# Body armour help



## Samhain (May 28, 2007)

Hey guys. I'm currently in the process of making a piece of body armour, (don't ask, friends birthday...) I've got the basic thing made, just a load of cardboard and tape. It looks... like a girdle. I need help with details to make it a bit more realistic looking.
Here's what I have so far.
the front








the back:








The blue ribbon is tied at the back to pull it in tighter and hold it more in place. I am thinking of spray painting it black with some quite cool Plasti-Kote I have but I want it to be more detailed and less... crappy!
I know this isn't exactly halloween but this is the best place I know for any kind of costume help. Thanks people!!


----------



## playfx (Mar 10, 2007)

You could stipple some latex over it and paint over that, it would give you a nice texture look.


----------



## Lilly (Jun 13, 2006)

is this supposed to be like a flack jacket/
or like armour they wore in old days?


----------



## Ghastly Joker (Aug 4, 2007)

If he shot for the old days look, he shot a little too far off to the right. I'd say to scrap that heap and create something new. Take 2 large pieces of cardboard and put them into front and back of a sewn up blue/black vest (if you can sew) and put foam from a bed inside and sew it back up. Then you'll be all cushy like.

Question: If I keep coming up with some interesting ideas, how is it I can't figure out how to make my own?


----------



## Samhain (May 28, 2007)

I like the latex idea!
My target is a sort of vaguely futuristic chest plate. No blinking lights and dials and all that crud, just something that looks cool. 
MY friend is having a manga theme for his birthday and I'm making my costume from scratch. I'll do a sketch and shove it up on here to give you some idea of the look I want to achieve


----------



## Fright Zone (Sep 28, 2006)

Here's a link to a nice Uruk-Hai carboard costume with some construction details made by Hector Turner.


----------



## Samhain (May 28, 2007)

Thanks FZ, kinda cool
I'll get some sketches up when I get home (at work at the moment =[...) to give you all a better idea of the look I'm after.


----------



## Fright Zone (Sep 28, 2006)

Even though yours is going to look futuristic I liked his idea of using the artboard is what I should have said. It would hold paint better without altering the shape. I'd be afraid your corrugated cardboard wouldn't hold paint too well. I'd think it would soak it up and start to lose it's shape.
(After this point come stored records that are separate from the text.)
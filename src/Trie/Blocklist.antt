-- ===== src/Trie/Blocklist.antt =====
-- The block lists of shared/src/domain_trie.rs: plain names, hosts files, Adblock Plus, dnsmasq and
-- Unbound. A String is its UTF-8 bytes.
pub mod Names
use dns_relay.Prelude.{
  ℕ, Bool, true, false, ◌&&◌, ◌||◌, not, Option, none, some, List, [], ◌∷◌, ◌==◌, if◌then◌else◌,
  leb, length, all, any, map,
}
use dns_relay.Prelude.Slices.{Bytes}
use dns_relay.Dns.Text.{between, is_empty, lower_byte, split_dots, trim_end_dots}
use dns_relay.Dns.Text.Affix.{strip_prefix}
use dns_relay.Dns.Text.Spaces.{
  trim, split_whitespace, lines, trim_end_byte, before_any, split_byte, starts_with, contains,
}
use dns_relay.Dns.Ipv6.{is_ip_address}
use dns_relay.Trie.{unwrap_or, star_dot}

-- `b.is_ascii_alphanumeric() || matches!(b, b'-' | b'_')`
abbrev pub is_name_byte : ℕ → Bool
is_name_byte b =
    between b'0' b'9' b || between b'A' b'Z' b || between b'a' b'z' b || b == b'-' || b == b'_'

abbrev pub is_label : Bytes → Bool
is_label label = not (is_empty label) && leb (length label) 63 && all is_name_byte label

unfoldable pub is_dns_name : Bytes → Bool
unfolding split_dots
is_dns_name name =
    leb (length name) 253 && any (λ b. b == b'.') name && all is_label (split_dots name)

abbrev adblock : Bytes
adblock = b'|' ∷ b'|' ∷ []

abbrev dnsmasq_address : Bytes
dnsmasq_address = b'a' ∷ b'd' ∷ b'd' ∷ b'r' ∷ b'e' ∷ b's' ∷ b's' ∷ b'=' ∷ b'/' ∷ []

abbrev dnsmasq_server : Bytes
dnsmasq_server = b's' ∷ b'e' ∷ b'r' ∷ b'v' ∷ b'e' ∷ b'r' ∷ b'=' ∷ b'/' ∷ []

abbrev unbound_zone : Bytes
unbound_zone = b'l' ∷ b'o' ∷ b'c' ∷ b'a' ∷ b'l' ∷ b'-' ∷ b'z' ∷ b'o' ∷ b'n' ∷ b'e' ∷ b':' ∷ []

abbrev always_nxdomain : Bytes
always_nxdomain =
    b'a' ∷ b'l' ∷ b'w' ∷ b'a' ∷ b'y' ∷ b's' ∷ b'_' ∷ b'n' ∷ b'x' ∷ b'd' ∷ b'o' ∷ b'm' ∷ b'a' ∷ b'i'
    ∷ b'n' ∷ []

abbrev static : Bytes
static = b's' ∷ b't' ∷ b'a' ∷ b't' ∷ b'i' ∷ b'c' ∷ []

abbrev redirected : Bytes
redirected = b'r' ∷ b'e' ∷ b'd' ∷ b'i' ∷ b'r' ∷ b'e' ∷ b'c' ∷ b't' ∷ []

abbrev second_of : List Bytes → Option Bytes
second_of (_ ∷ s ∷ _) = some s
second_of _ = none

-- A zone of Unbound that is blocked, and its name between quotation marks.
abbrev zone_candidate : Bytes → Option Bytes
zone_candidate rest =
    let quoted = second_of (split_byte 34 rest) in
    if contains rest always_nxdomain || contains rest static || contains rest redirected
    then quoted
    else none

-- A name, or an address with the name behind it.
abbrev hosts_candidate : List Bytes → Option Bytes
hosts_candidate [] = none
hosts_candidate (first ∷ rest) =
    if is_ip_address first then second_of (first ∷ rest) else some first

abbrev adblock_end : ℕ → Bool
adblock_end b = b == b'^' || b == b'$' || b == b'/'

abbrev unless_zone : Bytes → Option Bytes → Option Bytes
unless_zone line (some rest) = zone_candidate rest
unless_zone line none = hosts_candidate (split_whitespace line)

abbrev unless_address : Bytes → Option Bytes → Option Bytes
unless_address line (some rest) = some (before_any (λ b. b == b'/') rest)
unless_address line none =
    if starts_with line dnsmasq_server
    then none
    else unless_zone line (strip_prefix unbound_zone line)

abbrev unless_adblock : Bytes → Option Bytes → Option Bytes
unless_adblock line (some rest) = some (before_any adblock_end rest)
unless_adblock line none = unless_address line (strip_prefix dnsmasq_address line)

-- The part of a line that may be a name.
unfoldable pub candidate_of : Bytes → Option Bytes
unfolding strip_prefix split_whitespace before_any split_byte starts_with contains is_ip_address
candidate_of line = unless_adblock line (strip_prefix adblock line)

-- Without white space around it, dots behind it and `*.` before it.
unfoldable pub bare : Bytes → Bytes
unfolding trim trim_end_dots strip_prefix
bare candidate =
    unwrap_or (strip_prefix star_dot (trim_end_dots (trim candidate)))
      (trim_end_dots (trim candidate))

abbrev pub is_comment : Bytes → Bool
is_comment [] = true
is_comment (b ∷ _) = b == b'#' || b == b'!'

abbrev pub named : Option Bytes → Option Bytes
named none = none
named (some candidate) =
    if is_dns_name (bare candidate) then some (map lower_byte (bare candidate)) else none

unfoldable pub parse_blocklist_line : Bytes → Option Bytes
unfolding trim trim_end_byte candidate_of is_dns_name bare
parse_blocklist_line raw_line =
    let line = trim_end_byte 0x0D (trim raw_line) in
    if is_comment line then none else named (candidate_of line)

abbrev pub kept : Option Bytes → List Bytes → List Bytes
kept none later = later
kept (some t) later = t ∷ later

abbrev pub filter_map : (Bytes → Option Bytes) → List Bytes → List Bytes
filter_map f [] = []
filter_map f (s ∷ rest) = kept (f s) (filter_map f rest)

unfoldable pub parse_blocklist : Bytes → List Bytes
unfolding lines parse_blocklist_line
parse_blocklist content = filter_map parse_blocklist_line (lines content)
There's always the Aliens Colonial Marine or Starship Troopers look.


----------



## Samhain (May 28, 2007)

Yeah I've thought about that FZ, card does not take paint well. I was also thinking about coating it in plastic. Individually, the pieces that make it are quite small. I was thinking about wrapping them in bits of matt black garbage bag and hitting them with the hair dryer to get it to shrink a bit. I'll keep experimenting for a bit. This doesn't need to be done till the start of october anyway


----------



## Ghastly Joker (Aug 4, 2007)

Futuristic armor eh? I think that you should use foam core instead. It's less cheap in appearance. www.indymogul.com look to the Samurai Armor piece. Very informative.


----------



## Undeadvoodoomonkey (Aug 4, 2007)

Someone posted this on another forum and it might help.

http://entropyhouse.com/penwiper/costumes/helmsdeep.html


----------



## MacabreManor (Jul 23, 2007)

I would suggest going to a thrift store and buying an actual 70's style down vest and using it on top of your cardboard armature. Then fill it in with some nice clips and nylon belt stuff from wal-mart. I bet that would get you closer to what you were trying to do.


----------



## Samhain (May 28, 2007)

Hey guys, sorry it's taken so long to get these on here, the other half took forever to scan them for me, a-hole...
These pics are just a rough sketch of what I'm after. I've made more progress on the armour and it looks a hell of a lot better than it did. I'll take some pics after I do a bit more work on it
Here's the sketch:








Thanks for all your help and the links so far guys!


----------



## Death Wraith (Mar 23, 2006)

Man this is a lot like what I'm looking to do for my big costume this year. I'm wanting to do a version of Darkness from the movie Legend but in a green version to match a large demon mask I got on sale after Halloween last year. I'm just looking to mold a muscle chest.

I've never worked with anything besides mache and have been researching. Found stuff called Wonderflex which sounds like a thin plastic that becomes pliable when heated. This is the stuff that the cosplay people make their armor and weapons out of. Sounds like it's easy to work with and under $20 for a sheet that woud cover your chest.

Also this Sculpt or Coat material used by Krough sounds promising. Sounds like you could create a form and brush this stuff on then remove it when it dries to make body armor. Around $25 for a quart and good for all kinds of cool effects and prop work.


----------



## playfx (Mar 10, 2007)

I found this site that may help you out on your project
http://amethyst-angel.com/armormaking.html


----------